**** Provided entries ****

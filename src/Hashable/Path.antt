-- ===== src/Hashable/Path.antt =====
-- `MerklePath::root` along the siblings of a path.
use incrementalmerkletree.Prelude.{
  ◌∙◌, ℕ, zero, suc, ◌+◌, ◌-◌, ◌*◌, ◌/◌, ◌%◌, ◌^◌, ◌≤◌, ◌<◌, ◌≡◌, refl, arith, List, [], ◌∷◌,
  if◌then◌else◌, ◌==◌, length, ap, ap₂, sym, div_pow_suc, div_pow_zero, inl, inr, ◌⊎◌, shr-lt,
}
use native.Mathlib.Nat.{div-eq_of_lt}
use incrementalmerkletree.Prelude.Bits.{bit_and-one}
use incrementalmerkletree.Position.{Position}
use incrementalmerkletree.Hashable.{Hashable, root, root_from}
use incrementalmerkletree.Hashable.Node.{node}

pub parity : (q : ℕ) → (q % 2 ≡ 1) ⊎ (q % 2 ≡ 0)
parity q = omega arith

module _ {ℓ} {H : Type ℓ} ⦃h : Hashable H⦄ where
  -- The other child of the parent of node `q`.
  abbrev pub sibling_node : (ℕ → H) → ℕ → ℕ → H
  sibling_node f l q = if q % 2 == 1 then node f l (q - 1) else node f l (q + 1)

  -- The siblings of the nodes on the path up from node `q` of level `l`.
  unfoldable pub siblings : (ℕ → H) → ℕ → ℕ → ℕ → List H
  siblings f zero l q = []
  siblings f (suc n) l q = sibling_node f l q ∷ siblings f n (suc l) (q / 2)

  pub length-siblings : (f : ℕ → H) (n l q : ℕ) → length (siblings f n l q) ≡ n
  unfolding siblings
  length-siblings f zero l q = refl
  length-siblings f (suc n) l q = ap suc (length-siblings f n (suc l) (q / 2))

  -- A node and its sibling make their parent.
  pub combine_odd :
      (f : ℕ → H) (l q : ℕ)
      → q % 2 ≡ 1
      → h.combine l (node f l (q - 1)) (node f l q) ≡ node f (suc l) (q / 2)
  combine_odd f l q odd =
      let left : 2 * (q / 2) ≡ q - 1 = omega arith in
      let right : 2 * (q / 2) + 1 ≡ q = omega arith in
      ap₂ (λ i j. h.combine l (node f l i) (node f l j)) (sym left) (sym right)

  pub combine_even :
      (f : ℕ → H) (l q : ℕ)
      → q % 2 ≡ 0
      → h.combine l (node f l q) (node f l (q + 1)) ≡ node f (suc l) (q / 2)
  combine_even f l q even =
      let left : 2 * (q / 2) ≡ q = omega arith in
      let right : 2 * (q / 2) + 1 ≡ q + 1 = omega arith in
      ap₂ (λ i j. h.combine l (node f l i) (node f l j)) (sym left) (sym right)

  -- One step of the fold, at a level that a position of 64 bits has.
  root_from_odd :
      (p : Position) (l : ℕ) (v e : H) (es : List H)
      → l < 64
      → p / 2 ^ l % 2 ≡ 1
      → root_from p l v (e ∷ es) ≡ root_from p (suc l) (h.combine l e v) es
  unfolding root_from
  root_from_odd p l v e es room odd =
      let up : (l + 1) % 2 ^ 8 ≡ suc l = omega arith in
      rw (shr-lt p l room, bit_and-one (p / 2 ^ l), odd, up) refl

  root_from_even :
      (p : Position) (l : ℕ) (v e : H) (es : List H)
      → l < 64
      → p / 2 ^ l % 2 ≡ 0
      → root_from p l v (e ∷ es) ≡ root_from p (suc l) (h.combine l v e) es
  unfolding root_from
  root_from_even p l v e es room even =
      let up : (l + 1) % 2 ^ 8 ≡ suc l = omega arith in
      rw (shr-lt p l room, bit_and-one (p / 2 ^ l), even, up) refl

  siblings_odd :
      (f : ℕ → H) (n l q : ℕ)
      → q % 2 ≡ 1
      → siblings f (suc n) l q ≡ node f l (q - 1) ∷ siblings f n (suc l) (q / 2)
  unfolding siblings
  siblings_odd f n l q odd = rw odd refl

  siblings_even :
      (f : ℕ → H) (n l q : ℕ)
      → q % 2 ≡ 0
      → siblings f (suc n) l q ≡ node f l (q + 1) ∷ siblings f n (suc l) (q / 2)
  unfolding siblings
  siblings_even f n l q even = rw even refl

  siblings-zero : (f : ℕ → H) (l q : ℕ) → siblings f zero l q ≡ []
  unfolding siblings
  siblings-zero f l q = refl

  root_from_nil : (p : Position) (l : ℕ) (v : H) → root_from p l v [] ≡ v
  unfolding root_from
  root_from_nil p l v = refl

  root_from-siblings :
      (f : ℕ → H) (p : Position) (n l : ℕ)
      → l + n ≤ 64
      → root_from p l (node f l (p / 2 ^ l)) (siblings f n l (p / 2 ^ l))
        ≡ node f (l + n) (p / 2 ^ (l + n))
  root_from-siblings f p zero l room =
      let z : l + 0 ≡ l = omega arith in rw (z, siblings-zero, root_from_nil) refl
  root_from-siblings f p (suc n) l room =
      let q = p / 2 ^ l in
      let later : l + suc n ≡ suc l + n = omega arith in
      elim (parity q) [
        | inl odd ↦
            rw
              (
                siblings_odd f n l q odd,
                root_from_odd p l (node f l q) (node f l (q - 1)) (siblings f n (suc l) (q / 2))
                    (omega arith) odd,
                combine_odd f l q odd,
                ← div_pow_suc p l,
                later,
              )
              (root_from-siblings f p n (suc l) (omega arith))
        | inr even ↦
            rw
              (
                siblings_even f n l q even,
                root_from_even p l (node f l q) (node f l (q + 1)) (siblings f n (suc l) (q / 2))
                    (omega arith) even,
                combine_even f l q even,
                ← div_pow_suc p l,
                later,
              )
              (root_from-siblings f p n (suc l) (omega arith))
      ]

  pub root-siblings-node :
      (f : ℕ → H) (p : Position) (n : ℕ)
      → n ≤ 64
      → root (record { path_elems = siblings f n 0 p; position = p }) (f p) ≡ node f n (p / 2 ^ n)
  unfolding root
  root-siblings-node f p n room =
      let whole : 0 + n ≡ n = omega arith in
      rw (div_pow_zero p, whole) at (root_from-siblings f p n 0 (omega arith))

  -- For a position of a tree of at most 64 levels, the Merkle path made of the siblings on the
  -- way up leads from the leaf to the root of the tree.
  pub root-siblings :
      (f : ℕ → H) (p : Position) (n : ℕ)
      → p < 2 ^ n
      → n ≤ 64
      → root (record { path_elems = siblings f n 0 p; position = p }) (f p) ≡ node f n 0
  root-siblings f p n held room = root-siblings-node f p n room ∙ ap (node f n) (div-eq_of_lt held)
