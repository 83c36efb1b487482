-- ===== src/Frontier/Bounded/Leaves.antt =====
-- A frontier stands for the list of the leaves appended so far.
use native.Mathlib.Nat.{mod-eq_of_lt, mod_self, mul-le-mul_right}
use incrementalmerkletree.Prelude.{
  ℕ, zero, suc, ◌+◌, ◌-◌, ◌*◌, ◌/◌, ◌^◌, ◌≤◌, ◌<◌, ◌≡◌, refl, arith, some, none, List, [], ◌∷◌,
  ◌++◌, if◌then◌else◌, length, length-append, ap, ap₂, ◌∙◌, sym, get_or, true, false, ltb, lt→ltb,
  le→ltb, pow_pos, pow_double, inl, inr, lt_or_le, pow_mono, not, Bool-cases,
}
use incrementalmerkletree.Position.{is_complete_subtree}
use incrementalmerkletree.Position.Digits.{is_complete_subtree_iff}
use incrementalmerkletree.Hashable.{Hashable}
use incrementalmerkletree.Hashable.Node.{node, until, node_ext, node_empty}
use incrementalmerkletree.Hashable.Path.{parity}
use incrementalmerkletree.Frontier.{NonEmptyFrontier}
use incrementalmerkletree.Frontier as NonEmpty
use incrementalmerkletree.Frontier.Ommers.{
  ommers_at, frontier_at, ommers_none, ommers_zero, ommers_odd, ommers_even,
}
use incrementalmerkletree.Frontier.Append.{append-frontier_at}
use incrementalmerkletree.Frontier.Root.{root-frontier_at}
use incrementalmerkletree.Frontier.Bounded.{Frontier, append, root, tree_size}

module _ {ℓ} {H : Type ℓ} where
  pub get_or-append_left :
      (xs ys : List H) (i : ℕ) (d : H) → i < length xs → get_or (xs ++ ys) i d ≡ get_or xs i d
  get_or-append_left [] ys i d h = absurd (omega arith)
  get_or-append_left (x ∷ xs) ys zero d h = refl
  get_or-append_left (x ∷ xs) ys (suc i) d h = get_or-append_left xs ys i d (omega arith)

  pub get_or-append_length :
      (xs ys : List H) (d : H) → get_or (xs ++ ys) (length xs) d ≡ get_or ys 0 d
  get_or-append_length [] ys d = refl
  get_or-append_length (x ∷ xs) ys d = get_or-append_length xs ys d

  pub get_or_beyond : (xs : List H) (i : ℕ) (d : H) → length xs ≤ i → get_or xs i d ≡ d
  get_or_beyond [] i d h = refl
  get_or_beyond (x ∷ xs) zero d h = absurd (omega arith)
  get_or_beyond (x ∷ xs) (suc i) d h = get_or_beyond xs i d (omega arith)

-- The test of `append`: the leaves up to position `n` fill a tree of `depth` levels.
full_iff :
    (n depth : ℕ)
    → depth ≤ 64
    → suc n ≤ 2 ^ depth
    → is_complete_subtree n depth ≡ not (ltb (suc n) (2 ^ depth))
full_iff n depth room le =
    let e : n + 1 ≡ suc n = omega arith in
    elim (lt_or_le (suc n) (2 ^ depth)) [
      | inl lt ↦ rw (lt→ltb (suc n) (2 ^ depth) lt) (
          ground (
            arith,
            rw e at (is_complete_subtree_iff n depth room),
            mod-eq_of_lt {n = suc n} {m = 2 ^ depth} lt,
          ))
      | inr ge ↦
          let full : suc n ≡ 2 ^ depth = omega arith in
          rw (le→ltb (suc n) (2 ^ depth) ge)
            ((is_complete_subtree_iff n depth room).1 (rw (e, full) (mod_self (2 ^ depth))))
    ]

module _ {ℓ} {H : Type ℓ} ⦃h : Hashable H⦄ where
  -- Leaf `i` of a list, an empty leaf behind its end.
  abbrev pub leaf_of : List H → ℕ → H
  leaf_of xs i = get_or xs i h.empty_leaf

  -- The root of the complete tree of `depth` levels over a list of leaves.
  abbrev pub tree_root : ℕ → List H → H
  tree_root depth xs = node (leaf_of xs) depth 0

  -- The frontier that stands for a list.
  abbrev pub frontier_of : List H → Frontier H
  frontier_of [] = record { frontier = none }
  frontier_of (x ∷ xs) = record { frontier = some (frontier_at (leaf_of (x ∷ xs)) (length xs)) }

  ommers_ext :
      (f g : ℕ → H) (n l q p : ℕ)
      → ((i : ℕ) → i ≤ p → f i ≡ g i)
      → q * 2 ^ l ≤ p + 1
      → ommers_at f n l q ≡ ommers_at g n l q
  ommers_ext f g zero l q p same le = ommers_zero f l q ∙ sym (ommers_zero g l q)
  ommers_ext f g (suc n) l q p same le =
      let rest = ommers_ext f g n (suc l) (q / 2) p same (
        omega (
          arith,
          le,
          ap (λ (t : ℕ). q / 2 * t) (pow_double l),
          mul-le-mul_right {m = 2 * (q / 2)} {n = q} (2 ^ l) (omega arith),
        )) in
      elim (parity q) [
        | inl odd ↦
            let whole : q - 1 + 1 ≡ q = omega arith in
            ommers_odd f n l q odd
            ∙ ap₂ ◌∷◌
                (node_ext f g l (q - 1)
                  (λ j lo hi. same j (omega (arith, le, ap (λ (t : ℕ). t * 2 ^ l) whole))))
                rest
            ∙ sym (ommers_odd g n l q odd)
        | inr even ↦ ommers_even f n l q even ∙ rest ∙ sym (ommers_even g n l q even)
      ]

  -- Only the leaves up to the position matter.
  frontier_ext :
      (f g : ℕ → H) (p : ℕ) → ((i : ℕ) → i ≤ p → f i ≡ g i) → frontier_at f p ≡ frontier_at g p
  frontier_ext f g p same =
      ap₂ (λ leaf ommers. record { position = p; leaf = leaf; ommers = ommers })
        (same p (omega arith)) (ommers_ext f g 64 0 p p same (omega arith))

  new_eq : (v : H) → NonEmpty.new v ≡ frontier_at (leaf_of (v ∷ [])) 0
  unfolding NonEmpty.new
  new_eq v =
      ap (λ ommers. record { position = 0; leaf = v; ommers = ommers })
        (sym (ommers_none (leaf_of (v ∷ [])) 64 0))

  -- The frontier of one more leaf, from the old one.
  append_next :
      (x : H) (xs : List H) (v : H)
      → length xs + 1 < 2 ^ 64
      → NonEmpty.append (frontier_at (leaf_of (x ∷ xs)) (length xs)) v
        ≡ some (frontier_at (leaf_of (x ∷ xs ++ v ∷ [])) (length (xs ++ v ∷ [])))
  append_next x xs v fits =
      let ys = x ∷ xs ++ v ∷ [] in
      let grown : length (xs ++ v ∷ []) ≡ length xs + 1 = length-append xs (v ∷ []) in
      let next : length xs + 1 ≡ suc (length xs) = omega arith in
      let last : leaf_of ys (length xs + 1) ≡ v =
        rw next (get_or-append_length xs (v ∷ []) h.empty_leaf) in
      let old : frontier_at (leaf_of (x ∷ xs)) (length xs) ≡ frontier_at (leaf_of ys) (length xs) =
        frontier_ext (leaf_of (x ∷ xs)) (leaf_of ys) (length xs)
          (λ i le. sym (get_or-append_left (x ∷ xs) (v ∷ []) i h.empty_leaf (omega arith))) in
      rw (old, grown)
        (ap (NonEmpty.append (frontier_at (leaf_of ys) (length xs))) (sym last)
          ∙ append-frontier_at (leaf_of ys) (length xs) fits)

  -- On the frontier of a list of at most 2^depth leaves, for a depth of at most 63, append
  -- does not panic: with fewer than 2^depth leaves it gives the frontier of the list with the
  -- new leaf at its end and reports success, otherwise it changes nothing and reports failure.
  pub append-refines :
      (depth : ℕ) (xs : List H) (v : H)
      → depth ≤ 63
      → length xs ≤ 2 ^ depth
      → append depth (frontier_of xs) v
        ≡ some (
            if ltb (length xs) (2 ^ depth)
            then (frontier_of (xs ++ v ∷ []), true)
            else (frontier_of xs, false))
  unfolding append
  append-refines depth [] v room le =
      rw (lt→ltb 0 (2 ^ depth) (omega (arith, pow_pos depth)), new_eq v) refl
  append-refines depth (x ∷ xs) v room le =
      rw
        (
          full_iff (length xs) depth (omega arith) le,
          append_next x xs v (omega (arith, le, pow_mono depth 63 room)),
        )
        (elim (Bool-cases (ltb (suc (length xs)) (2 ^ depth))) [
          | inl more ↦ rw more refl
          | inr full ↦ rw full refl
        ])

  -- For a list of at most 2^depth and fewer than 2^64 leaves, at a depth of at most 64, the
  -- root that its frontier computes from the ommers is the root of the complete tree over the
  -- list, with empty leaves filling it up.
  pub root-refines :
      (depth : ℕ) (xs : List H)
      → depth ≤ 64
      → length xs ≤ 2 ^ depth
      → length xs < 2 ^ 64
      → root depth (frontier_of xs) ≡ some (tree_root depth xs)
  unfolding root
  root-refines depth [] room le fits = ap some (sym (node_empty depth 0))
  root-refines depth (x ∷ xs) room le fits =
      root-frontier_at (leaf_of (x ∷ xs)) (length xs) (omega arith) depth le (omega arith)
      ∙ ap some (
          node_ext (until (length xs) (leaf_of (x ∷ xs))) (leaf_of (x ∷ xs)) depth 0
            (λ j lo hi. padded j))
    where
      padded : (j : ℕ) → until (length xs) (leaf_of (x ∷ xs)) j ≡ leaf_of (x ∷ xs) j
      padded j = elim (lt_or_le (length xs) j) [
        | inl lt ↦ rw (lt→ltb (length xs) j lt) (sym (get_or_beyond (x ∷ xs) j h.empty_leaf lt))
        | inr le ↦ rw (le→ltb (length xs) j le) refl
      ]

  -- For a list of fewer than 2^64 leaves, the size of its frontier is the number of the
  -- leaves.
  pub tree_size-refines :
      (xs : List H) → length xs < 2 ^ 64 → tree_size (frontier_of xs) ≡ length xs
  unfolding tree_size
  tree_size-refines [] fits = refl
  tree_size-refines (x ∷ xs) fits = omega arith
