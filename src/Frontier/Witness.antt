-- ===== src/Frontier/Witness.antt =====
-- `NonEmptyFrontier::witness` where the nodes right of the path are supplied.
use incrementalmerkletree.Prelude.{
  ℕ, zero, suc, ◌+◌, ◌/◌, ◌%◌, ◌^◌, ◌≤◌, ◌<◌, ◌≡◌, refl, arith, Option, some, List, length, ◌∙◌,
  drop, get_elem?-drop, drop-suc, inl, inr, ok, bit_xor, pow_mono,
}
use incrementalmerkletree.Prelude.Bits.{bit_xor-one}
use incrementalmerkletree.Position.{Position}
use incrementalmerkletree.Address.{Address}
use incrementalmerkletree.Hashable.{Hashable, MerklePath}
use incrementalmerkletree.Hashable
use incrementalmerkletree.Hashable.Node.{node}
use incrementalmerkletree.Hashable.Path.{siblings, root-siblings, length-siblings, parity}
use incrementalmerkletree.WitnessAddrs.Items.{
  path_items, items_odd, items_even, items_zero, witness_addrs_items,
}
use incrementalmerkletree.Frontier.{witness_elems, witness}
use incrementalmerkletree.Frontier.Ommers.{
  ommers_at, frontier_at, ommers_odd, ommers_even, ommers_stable,
}

module _ {ℓ} {H : Type ℓ} ⦃h : Hashable H⦄ (f : ℕ → H) (complement_nodes : Address → Option H)
    (supplied : (a : Address) → complement_nodes a ≡ some (node f a.level a.index)) where
  even_xor : (q : ℕ) → q % 2 ≡ 0 → bit_xor q 1 ≡ q + 1
  even_xor q even = omega (arith, bit_xor-one q)

  elems_siblings :
      (os : List H) (n l q c : ℕ)
      → drop c os ≡ ommers_at f n l q
      → witness_elems os complement_nodes (path_items n l q c) ≡ some (ok (siblings f n l q))
  unfolding witness_elems siblings
  elems_siblings os zero l q c e = rw items_zero refl
  elems_siblings os (suc n) l q c e = elim (parity q) [
    | inl odd ↦
        let e' = e ∙ ommers_odd f n l q odd in
        rw
          (
            items_odd n l q c odd,
            get_elem?-drop c os e',
            elems_siblings os n (suc l) (q / 2) (suc c) (drop-suc c os e'),
            odd,
          )
          refl
    | inr even ↦
        rw
          (
            items_even n l q c even,
            supplied (record { level = l; index = bit_xor q 1 }),
            elems_siblings os n (suc l) (q / 2) c (e ∙ ommers_even f n l q even),
            even_xor q even,
            even,
          )
          refl
  ]

  -- Where the caller supplies every node it is asked for, the witness of the last leaf of a
  -- frontier, at a depth of at most 64 that holds the leaf, is a path of as many elements
  -- whose root is the root of the tree at that depth.
  pub witness-frontier_at :
      (p : Position) (depth : ℕ)
      → p < 2 ^ depth
      → depth ≤ 64
      → (path : List H) × (witness (frontier_at f p) depth complement_nodes ≡ some (ok path))
        × (length path ≡ depth)
        × (Hashable.root (record { path_elems = path; position = p }) (f p) ≡ node f depth 0)
  unfolding witness
  witness-frontier_at p depth held room = (
    siblings f depth 0 p,
    rw (witness_addrs_items p depth (omega arith)) (
        elems_siblings (ommers_at f 64 0 p) depth 0 p 0
          (ommers_stable f 64 depth 0 p (omega (arith, pow_mono depth 64 room)) held)),
    length-siblings f depth 0 p,
    root-siblings f p depth held room,
  )
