-- ===== src/IncrementalWitness.antt =====
-- `IncrementalWitness` of incrementalmerkletree/src/witness.rs: a witness that is kept up to date
-- while leaves are appended. `depth` is the source's constant `DEPTH`.
use incrementalmerkletree.Prelude.{
  ℕ, zero, suc, ◌+◌, ◌-◌, ◌^◌, Option, some, none, List, [], ◌∷◌, if◌then◌else◌, leb, ltb, ◌==◌,
  Bool, true, false, ◌&&◌, fmap, ◌>>=◌, u8, u64, shl, length, is_none, is_empty, ◌++◌, take, foldl,
}
use incrementalmerkletree.Retention.{Source, past, future}
use incrementalmerkletree.Position.{Position}
use incrementalmerkletree.Position
use incrementalmerkletree.Address.{Address}
use incrementalmerkletree.WitnessAddrs.{witness_addrs}
use incrementalmerkletree.Hashable.{Hashable, MerklePath, empty_root}
use incrementalmerkletree.Hashable
use incrementalmerkletree.CommitmentTree.{
  CommitmentTree, PathFiller, padded, fill, root_at_depth, size, is_complete, tree_is_empty, empty,
  empty_filler,
}
use incrementalmerkletree.CommitmentTree

pub record IncrementalWitness {ℓ} (H : Type ℓ) : Type ℓ where
  pub tree : CommitmentTree H
  pub filled : List H
  pub cursor_depth : ℕ
  pub cursor : Option (CommitmentTree H)

-- The levels of the addresses whose nodes are still to come.
abbrev pub future_levels : List (Address × Source) → List ℕ
future_levels [] = []
future_levels ((addr, past i) ∷ items) = future_levels items
future_levels ((addr, future) ∷ items) = addr.level ∷ future_levels items

module _ {ℓ} {H : Type ℓ} where
  -- `none` is the source's `None`.
  unfoldable pub from_tree : CommitmentTree H → Option (IncrementalWitness H)
  from_tree tree =
      if tree_is_empty tree
      then none
      else some (record { tree = tree; filled = []; cursor_depth = 0; cursor = none })

  unfoldable pub invalid_empty_witness : IncrementalWitness H
  invalid_empty_witness = record { tree = empty; filled = []; cursor_depth = 0; cursor = none }

  -- The loop of `next_depth` over the parents: `inl` is the early return.
  unfoldable pub skip_parents : ℕ → ℕ → List (Option H) → ℕ
  skip_parents d skip [] = u8 (d + skip)
  skip_parents d skip (some p ∷ ps) = skip_parents (u8 (d + 1)) skip ps
  skip_parents d zero (none ∷ ps) = d
  skip_parents d (suc skip) (none ∷ ps) = skip_parents (u8 (d + 1)) skip ps

  -- The two leaves: each one that is missing uses up a filled node, or is where the next goes.
  unfoldable pub skip_leaves : Option H → Option H → ℕ → List (Option H) → ℕ
  unfolding skip_parents
  skip_leaves (some l) (some r) skip ps = skip_parents 1 skip ps
  skip_leaves (some l) none zero ps = 0
  skip_leaves (some l) none (suc skip) ps = skip_parents 1 skip ps
  skip_leaves none r zero ps = 0
  skip_leaves none (some r) (suc skip) ps = skip_parents 1 skip ps
  skip_leaves none none (suc zero) ps = 0
  skip_leaves none none (suc (suc skip)) ps = skip_parents 1 skip ps

  -- More than 255 filled nodes are a panic.
  unfoldable pub next_depth : IncrementalWitness H → Option ℕ
  unfolding skip_leaves
  next_depth w =
      if ltb (length w.filled) 256
      then some (skip_leaves w.tree.left w.tree.right (length w.filled) w.tree.parents)
      else none

  -- The outer `Option` is a panic, the inner one the source's.
  unfoldable pub from_parts :
      CommitmentTree H → List H → Option (CommitmentTree H) → Option (Option (IncrementalWitness H))
  unfolding next_depth
  from_parts tree filled cursor =
      if tree_is_empty tree && is_empty filled && is_none cursor
      then some none
      else (let witness : IncrementalWitness H = record {
        tree = tree;
        filled = filled;
        cursor_depth = 0;
        cursor = cursor;
      } in
          fmap (λ d. some (record witness { cursor_depth = d })) (next_depth witness))

  -- `size() - 1` wraps for a tree of no leaves.
  unfoldable pub witnessed_position : IncrementalWitness H → Option Position
  witnessed_position w = fmap (λ n. u64 (n + (2 ^ 64 - 1))) (size w.tree)

  unfoldable pub tip_position : ℕ → IncrementalWitness H → Option Position
  unfolding witnessed_position Position.add
  tip_position depth w = witnessed_position w >>= λ p.
      let leaves_to_cursor_start =
        foldl (λ acc l. u64 (acc + shl 1 l)) 0
          (take (length w.filled) (future_levels (witness_addrs p depth))) in
      elim w.cursor [
        | none ↦ some (Position.add (Position.add p leaves_to_cursor_start) 0)
        | some c ↦ fmap (λ n. Position.add (Position.add p leaves_to_cursor_start) n) (size c)
      ]

module _ {ℓ} {H : Type ℓ} ⦃h : Hashable H⦄ where
  unfoldable pub filler : IncrementalWitness H → Option (PathFiller H)
  filler w = elim w.cursor [
    | none ↦ some (record { queue = w.filled })
    | some c ↦
        fmap (λ r. record { queue = w.filled ++ r ∷ [] })
          (root_at_depth c w.cursor_depth empty_filler)
  ]

  -- The next leaf goes to the cursor; a cursor that it completes becomes a filled node.
  unfoldable pub append_cursor :
      ℕ → IncrementalWitness H → CommitmentTree H → H → Option (IncrementalWitness H × Bool)
  append_cursor depth w cursor node = CommitmentTree.append depth cursor node >>= λ cursor'.
      if is_complete cursor' w.cursor_depth
      then fmap (λ r. (record w { filled = w.filled ++ r ∷ []; cursor = none }, true))
          (root_at_depth cursor' w.cursor_depth empty_filler)
      else some (record w { cursor = some cursor' }, true)

  -- Without a cursor the next leaf is a filled node itself or starts a new cursor.
  unfoldable pub append_fresh : ℕ → IncrementalWitness H → H → Option (IncrementalWitness H × Bool)
  unfolding next_depth
  append_fresh depth w node = next_depth w >>= λ d.
      if leb depth d
      then some (record w { cursor_depth = d }, false)
      else if d == 0
      then some (record w { cursor_depth = d; filled = w.filled ++ node ∷ [] }, true)
      else fmap (λ c. (record w { cursor_depth = d; cursor = some c }, true))
          (CommitmentTree.append depth empty node)

  -- The witness after the call, and whether it returned `Ok`; `none` is a panic.
  unfoldable pub append : ℕ → IncrementalWitness H → H → Option (IncrementalWitness H × Bool)
  unfolding append_cursor append_fresh
  append depth w node = elim w.cursor [
    | some c ↦ append_cursor depth w c node
    | none ↦ append_fresh depth w node
  ]

  unfoldable pub root : ℕ → IncrementalWitness H → Option H
  unfolding filler
  root depth w = filler w >>= λ f. root_at_depth w.tree depth f

  -- The loop of `path_inner` over the parents from level `i + 1`.
  unfoldable pub auth_parents : ℕ → PathFiller H → List (Option H) → List H
  auth_parents i f [] = []
  auth_parents i f (some node ∷ ps) = node ∷ auth_parents (u8 (i + 1)) f ps
  auth_parents i f (none ∷ ps) =
      let (v, f') = fill f (u8 (i + 1)) in v ∷ auth_parents (u8 (i + 1)) f' ps

  abbrev pub auth_leaf : H → Option H → PathFiller H → H × PathFiller H
  auth_leaf left (some r) f = (left, f)
  auth_leaf left none f = fill f 0

  -- The outer `Option` is a panic: a failed assertion, or a `depth` of 0, where `depth - 1`
  -- underflows.
  unfoldable pub path_inner : ℕ → IncrementalWitness H → ℕ → Option (Option (MerklePath H))
  unfolding filler auth_parents witnessed_position Hashable.from_parts
  path_inner const_depth w depth = filler w >>= λ f. elim w.tree.left [
    | none ↦ some none
    | some node ↦
        if depth == 0
        then none
        else (let (first, f') = auth_leaf node w.tree.right f in
            let auth_path = first ∷ auth_parents 0 f' (padded (depth - 1) w.tree.parents) in
            if length auth_path == depth
            then fmap (Hashable.from_parts const_depth auth_path) (witnessed_position w)
            else none)
  ]

  unfoldable pub path : ℕ → IncrementalWitness H → Option (Option (MerklePath H))
  unfolding path_inner
  path depth w = path_inner depth w depth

****

▶ Aim of the task
In the listing above, find each line with "loop" and copy it.

▶ Output for this exercise
  -- The loop of `next_depth` over the parents: `inl` is the early return.
  -- The loop of `path_inner` over the parents from level `i + 1`.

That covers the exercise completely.